Workspace sharing refers to the practice of sharing a physical workspace, such as an office or a co-working space, among multiple individuals or organizations. It can take several forms, such as:

  • Hot desking: A system where employees can use any available desk or workstation on a first-come, first-served basis.
  • Desk sharing: A system where employees are assigned a specific desk or workstation, but it can be shared with others when not in use.
  • Co-working spaces: A shared workspace where individuals or organizations from different industries or businesses can work together in a shared environment.

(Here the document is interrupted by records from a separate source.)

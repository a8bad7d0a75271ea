-- ===== src/Peer/RequestPiece.antt =====
-- peer/packets/peer_request_piece_packet.c.
use uvg_torrent.Base.{
  ℕ, ◌+◌, Option, none, some, List, ◌∷◌, ◌++◌, if◌then◌else◌, Exit, exit_success, exit_failure,
}
use uvg_torrent.Libc.{CString}
use uvg_torrent.Words.{Host, store}
use uvg_torrent.Net.{htonl}
use uvg_torrent.Os.{Os, Cmd, pure, ◌>>=◌}
use uvg_torrent.Socket
use uvg_torrent.Socket.{Socket}
use uvg_torrent.Peer.Stream.{Message, is_positive, receive_message}

pub record Request : Type 0 where
  pub bytes : List ℕ

-- `response` is NULL; `response_len` stays as it was allocated.
pub data Response : Type 0 where
  unread : Response

pub record Packet : Type 0 where
  pub request : Request
  pub response : Option Response

-- The index, the offset and the length are not turned into network order, and no argument is used.
unfoldable pub request_init : Host → (piece_num piece_size : ℕ) → Request
request_init host piece_num piece_size = record {
  bytes =
      store host 4 (htonl host 13) ++ 6 ∷ (store host 4 0 ++ (store host 4 0 ++ store host 4 32));
}

unfoldable pub response_init : List ℕ → ℕ → Response
response_init raw_response res_size = unread

unfoldable pub packet_init : Host → (piece_num piece_size : ℕ) → (filepath : CString) → Packet
unfolding request_init
packet_init host piece_num piece_size filepath = record {
  request = request_init host piece_num piece_size;
  response = none;
}

-- Behind the loop of `receive`.
unfoldable pub answered : Packet → Message → Exit × Packet
unfolding is_positive response_init
answered this message =
    if is_positive message.bytes_received
    then (
      exit_success,
      record this { response = some (response_init message.out (message.size + 4)) },
    )
    else (exit_failure, this)

module _ (os : Os) (host : Host) (fuel : ℕ) where
  unfoldable pub send : Packet → Socket → Cmd Exit
  send this socket = Socket.send os socket this.request.bytes

  unfoldable pub receive : Packet → Socket → Cmd (Exit × Packet)
  unfolding answered
  receive this socket = do
    message ← receive_message os host fuel socket
    pure (answered this message)
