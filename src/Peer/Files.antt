-- ===== src/Peer/Files.antt =====
-- The end of `Peer_get_metadata` (peer/peer.c): the files of the metadata, from the hash table that
-- `bencode_to_hashmap` makes of it. A value of another kind than the one that is read is read all the same.
use uvg_torrent.Base.{
  ℕ, suc, Option, none, some, List, [], ◌∷◌, ◌++◌, take, length, ltb, if◌then◌else◌, Run, ok, fault,
  ◌>>=◌,
}
use uvg_torrent.Libc.{CString, c_string}
use uvg_torrent.Words.{Host, store, load}
use uvg_torrent.Hashmap
use uvg_torrent.Hashmap.{Hashmap, Bucket, null, bucket}
use uvg_torrent.Peer.{Layout}
use uvg_torrent.Bencode.{
  Reader, Value, number, text, table, items, Item, table_item, text_item, to_hashmap,
}

-- "files", "length" and "path".
abbrev pub files_key : CString
files_key = b'f' ∷ b'i' ∷ b'l' ∷ b'e' ∷ b's' ∷ []

abbrev pub length_key : CString
length_key = b'l' ∷ b'e' ∷ b'n' ∷ b'g' ∷ b't' ∷ b'h' ∷ []

abbrev pub path_key : CString
path_key = b'p' ∷ b'a' ∷ b't' ∷ b'h' ∷ []

module _ {T : Type 0} (layout : Layout) where
  -- A number is shorter than a list. The bytes of a text are taken for the addresses of the nodes and
  -- of `destroy`, and followed.
  unfoldable pub list_of : Option (Value T) → Run (List (Item T))
  list_of (some (items list)) = ok list
  list_of (some (number n)) = fault
  list_of (some (text bytes)) = fault
  list_of (some (table t)) = layout.mistaken.table_list t
  list_of none = fault

  -- The `long` is read as an `int`: its first four bytes. So is everything else; a text has a zero
  -- behind it.
  unfoldable pub int_of : Host → Option (Value T) → Run ℕ
  int_of host (some (number n)) = ok (load host (take 4 (store host 8 n)))
  int_of host (some (items list)) = ok layout.mistaken.list_int
  int_of host (some (text bytes)) =
      if ltb (length bytes) 3 then fault else ok (load host (take 4 (bytes ++ 0 ∷ [])))
  int_of host (some (table t)) = ok layout.mistaken.table_int
  int_of host none = fault

  -- A text is printed up to its first zero.
  unfoldable pub text_of : Item T → Run CString
  text_of (text_item bytes) = ok (c_string bytes)
  text_of (table_item t) = ok layout.mistaken.table_text

  -- What `path_str` points to behind the loop over the path: nothing, if the path is empty.
  unfoldable pub last_text : List (Item T) → Run CString
  unfolding text_of
  last_text [] = fault
  last_text (name ∷ []) = text_of name
  last_text (name ∷ next ∷ path) = last_text (next ∷ path)

  -- The list behind the first bucket that a key hashes to, which is destroyed there.
  unfoldable pub destroy_list : Bucket (Value T) → Run (Unit {0})
  destroy_list (bucket k (items list) next) = ok tt
  destroy_list (bucket k (number n) next) = fault
  destroy_list (bucket k (text bytes) next) = fault
  destroy_list (bucket k (table t) next) = layout.mistaken.destroyed t
  destroy_list null = fault

  -- One round of the loop over the files: the name and the size that are printed. The table of the
  -- file and its path are destroyed.
  unfoldable pub show_file : Host → ℕ → Hashmap (Value T) → Run (CString × ℕ)
  unfolding list_of int_of last_text destroy_list
  show_file host fuel file = do
    size ← Hashmap.get fuel file (some length_key)
    list ← Hashmap.get fuel file (some path_key)
    path ← list_of list
    name ← last_text path
    length ← int_of host size
    path_done ← destroy_list (Hashmap.get_bucket file (some path_key))
    file_done ← Hashmap.destroy file
    ok (name, length)

module _ {T : Type 0} (layout : Layout) (host : Host) (fuel : ℕ) where
  -- An entry that is a text is read as a table: the address of `get` is past its end, or its bytes.
  unfoldable pub show_item : Item (Hashmap (Value T)) → Run (CString × ℕ)
  unfolding show_file
  show_item (table_item file) = show_file layout host fuel file
  show_item (text_item bytes) = fault

  unfoldable pub show_items : List (Item (Hashmap (Value T))) → Run (List (CString × ℕ))
  unfolding show_item
  show_items [] = ok []
  show_items (item ∷ list) = do shown ← show_item item; rest ← show_items list; ok (shown ∷ rest)

  unfoldable pub show_table : Hashmap (Value (Hashmap (Value T))) → Run (List (CString × ℕ))
  unfolding show_items list_of destroy_list
  show_table metadata = do
    entry ← Hashmap.get fuel metadata (some files_key)
    list ← list_of layout entry
    shown ← show_items list
    files_done ← destroy_list layout (Hashmap.get_bucket metadata (some files_key))
    metadata_done ← Hashmap.destroy metadata
    ok shown

-- From `bencode_init` on. Tables may be nested as deep as the fuel.
unfoldable pub show_metadata : Reader → Layout → Host → ℕ → List ℕ → Run (List (CString × ℕ))
unfolding show_table to_hashmap
show_metadata reader layout host fuel bytes =
    to_hashmap reader layout.dict_key layout.unset_long (suc (suc fuel)) fuel (reader.init bytes)
    >>= show_table layout host fuel
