-- ===== src/Peer/Session.antt =====
-- The four operations of peer/peer.c, and the loop body of `Tracker_announce` (tracker/tracker.c)
-- that goes through them with a peer. The reader of bencoded text is an argument.
use uvg_torrent.Base.{
  ℕ, zero, suc, ◌+◌, ◌-◌, ◌*◌, ◌^◌, Bool, true, false, ◌||◌, Option, none, some, List, [], ◌∷◌,
  ◌++◌, take, length, ◌==◌, ltb, leb, if◌then◌else◌, Run, ok, fault, Exit, exit_success,
  exit_failure,
}
use uvg_torrent.Base
use uvg_torrent.Libc.{CString}
use uvg_torrent.Words.{Host}
use uvg_torrent.Os.{Os, Cmd, pure, ◌>>=◌, lift}
use uvg_torrent.Socket
use uvg_torrent.Peer
use uvg_torrent.Peer.{Peer, Layout, our_peer_id, array_size, rounds}
use uvg_torrent.Peer.Handshake
use uvg_torrent.Peer.ExtendedHandshake
use uvg_torrent.Peer.Metadata
use uvg_torrent.Peer.RequestPiece
use uvg_torrent.Peer.Files
use uvg_torrent.Bencode.{Reader}
use uvg_torrent.Tracker.AnnouncePacket.{PeerAddress}

module _ (os : Os) (host : Host) (layout : Layout) where
  -- Once the request is sent, the handshake counts as done: whether `receive` failed is printed only.
  unfoldable pub handshake_sent : Peer → Handshake.Packet → Exit → Cmd (Exit × Peer)
  handshake_sent this packet exit_failure = pure (exit_failure, this)
  handshake_sent this packet exit_success = do
    ignored ← Handshake.receive os packet this.socket
    pure (exit_success, this)

  unfoldable pub handshake_connected : Peer → CString → Exit → Cmd (Exit × Peer)
  unfolding handshake_sent
  handshake_connected this info_hash exit_failure = pure (exit_failure, this)
  handshake_connected this info_hash exit_success = λ w.
      (do
        packet ← lift (
            Handshake.packet_init layout.handshake (λ i. os.stack w.now (100 + i)) (os.stack w.now)
              info_hash our_peer_id)
        result ← Handshake.send os packet this.socket
        handshake_sent this packet result)
        w

  unfoldable pub handshake : Peer → CString → Cmd (Exit × Peer)
  unfolding handshake_connected
  handshake this info_hash = do
    (result, socket) ← Socket.connect os this.socket
    handshake_connected (record this { socket = socket }) info_hash result

  -- What the response says, if its metadata is not empty.
  unfoldable pub take_over : Peer → Option ExtendedHandshake.Response → Run (Exit × Peer)
  take_over this none = fault
  take_over this (some response) =
      if response.metadata_size == 0
      then ok (exit_failure, this)
      else ok (
        exit_success,
        record this {
          ut_metadata = some response.ut_metadata;
          metadata_size = some response.metadata_size;
          num_pieces = response.num_pieces;
          piece_size = response.piece_size;
        },
      )

  unfoldable pub extended_received : Peer → Exit → ExtendedHandshake.Packet → Run (Exit × Peer)
  unfolding take_over
  extended_received this exit_failure packet = ok (exit_failure, this)
  extended_received this exit_success packet = take_over this packet.response

  unfoldable pub extended_sent : Peer → ExtendedHandshake.Packet → Exit → Cmd (Exit × Peer)
  unfolding extended_received
  extended_sent this packet exit_failure = pure (exit_failure, this)
  extended_sent this packet exit_success = do
    (result, received) ← ExtendedHandshake.receive os packet this.socket
    lift (extended_received this result received)

  unfoldable pub extended_handshake : Peer → Cmd (Exit × Peer)
  unfolding extended_sent
  extended_handshake this = do
    let packet = ExtendedHandshake.packet_init host
    result ← ExtendedHandshake.send os packet this.socket
    extended_sent this packet result

  module _ (fuel : ℕ) where
    -- A piece that came is copied behind `meta_data`, an array of `room` bytes. The number of bytes
    -- is `response_len`. A piece that did not come ends the loop with none.
    unfoldable pub keep_piece :
        (List ℕ → Cmd (Option (List ℕ)))
        → ℕ
        → List ℕ
        → Exit
        → Option Metadata.Response
        → Cmd (Option (List ℕ))
    keep_piece next room meta_data exit_failure response = pure none
    keep_piece next room meta_data exit_success none = λ w. fault
    keep_piece next room meta_data exit_success (some response) =
        if ltb room (length meta_data + response.response_len)
        then (λ w. fault)
        else next (meta_data ++ take response.response_len response.response)

    -- A request that is not sent is passed over.
    unfoldable pub piece_sent :
        (List ℕ → Cmd (Option (List ℕ)))
        → Peer
        → ℕ
        → List ℕ
        → Metadata.Packet
        → Exit
        → Cmd (Option (List ℕ))
    unfolding keep_piece
    piece_sent next this room meta_data packet exit_failure = next meta_data
    piece_sent next this room meta_data packet exit_success = do
      (result, received) ← Metadata.receive os host fuel packet this.socket
      keep_piece next room meta_data result received.response

    -- The loop over the pieces, `n` of them from `piece` on.
    unfoldable pub get_pieces :
        ℕ → Peer → (ut_metadata piece room : ℕ) → List ℕ → Cmd (Option (List ℕ))
    unfolding piece_sent
    get_pieces zero this ut_metadata piece room meta_data = pure (some meta_data)
    get_pieces (suc n) this ut_metadata piece room meta_data = λ w.
        (do
          packet ← lift (
              Metadata.packet_init host layout.metadata (λ i. os.stack w.now (100 + i)) piece
                ut_metadata)
          result ← Metadata.send os host fuel packet this.socket
          piece_sent (get_pieces n this ut_metadata (piece + 1) room) this room meta_data packet
              result)
          w

    module _ (reader : Reader) where
      -- `meta_data[metadata_pos+1] = '\0'`, and the files.
      unfoldable pub pieces_received : ℕ → Option (List ℕ) → Run Exit
      unfolding Files.show_metadata
      pieces_received room none = ok exit_failure
      pieces_received room (some meta_data) =
          if leb room (length meta_data + 1)
          then fault
          else (Base.◌>>=◌ (Files.show_metadata reader layout host fuel meta_data)
              λ shown. ok exit_success)

      unfoldable pub get_in_array : Peer → (ut_metadata num_pieces : ℕ) → Option ℕ → Cmd Exit
      unfolding get_pieces pieces_received rounds
      get_in_array this ut_metadata num_pieces none = λ w. fault
      get_in_array this ut_metadata num_pieces (some room) = do
        pieces ← get_pieces (rounds num_pieces) this ut_metadata 0 room []
        lift (pieces_received room pieces)

      -- The fields that are read must have been set.
      unfoldable pub get_with : Peer → ℕ → Option ℕ → Option ℕ → Cmd Exit
      unfolding get_in_array array_size
      get_with this metadata_size (some ut_metadata) (some num_pieces) =
          get_in_array this ut_metadata num_pieces (array_size metadata_size num_pieces)
      get_with this metadata_size none num_pieces = λ w. fault
      get_with this metadata_size (some ut_metadata) none = λ w. fault

      unfoldable pub get_metadata : Peer → ℕ → Cmd Exit
      unfolding get_with
      get_metadata this metadata_size = get_with this metadata_size this.ut_metadata this.num_pieces

    unfoldable pub piece_requested : Peer → RequestPiece.Packet → Exit → Cmd Exit
    piece_requested this packet exit_failure = pure exit_failure
    piece_requested this packet exit_success = do
      (result, received) ← RequestPiece.receive os host fuel packet this.socket
      pure result

    -- "test".
    unfoldable pub get_piece : Peer → ℕ → Cmd Exit
    unfolding piece_requested
    get_piece this piece = do
      let packet = RequestPiece.packet_init host 0 32 (b't' ∷ b'e' ∷ b's' ∷ b't' ∷ [])
      result ← RequestPiece.send os host fuel packet this.socket
      piece_requested this packet result

    module _ (reader : Reader) where
      -- `char metadata[peer->metadata_size]`: its size must not be negative.
      unfoldable pub fetch : Peer → Option ℕ → Cmd Exit
      unfolding get_metadata
      fetch peer none = λ w. fault
      fetch peer (some metadata_size) =
          if leb (2 ^ 31) metadata_size
          then (λ w. fault)
          else get_metadata reader peer metadata_size

      unfoldable pub after_extended : Exit × Peer → Cmd (Unit {0})
      unfolding fetch
      after_extended (exit_failure, peer) = pure tt
      after_extended (exit_success, peer) = do ignored ← fetch peer peer.metadata_size; pure tt

      unfoldable pub after_handshake : Exit × Peer → Cmd (Unit {0})
      unfolding after_extended
      after_handshake (exit_failure, peer) = pure tt
      after_handshake (exit_success, peer) = extended_handshake peer >>= after_extended

      -- The piece is asked for whatever came before. The answer is the peer, with its socket as it is
      -- then.
      unfoldable pub contact : CString → PeerAddress → Cmd Peer
      unfolding after_handshake get_piece
      contact info_hash address = do
        (result, peer) ← handshake (Peer.new address.ip address.port) info_hash
        done ← after_handshake (result, peer)
        ignored ← get_piece peer 0
        pure peer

  • Shared office space: A facility where multiple businesses or organizations share a physical office space, which may include common areas, conference rooms, and other amenities.
  • Workspace sharing can offer a number of benefits, such as cost savings, increased flexibility, and the opportunity to collaborate with other individuals or organizations. However, it can also present challenges, such as the need to manage competing demands for resources and the potential for disruptions to the work environment. Workspace sharing can also be a great way to reduce the environmental footprint by reducing real estate and energy consumption.

It’s important to establish clear guidelines and expectations for the use of shared resources and to implement a system like Joan Desk booking.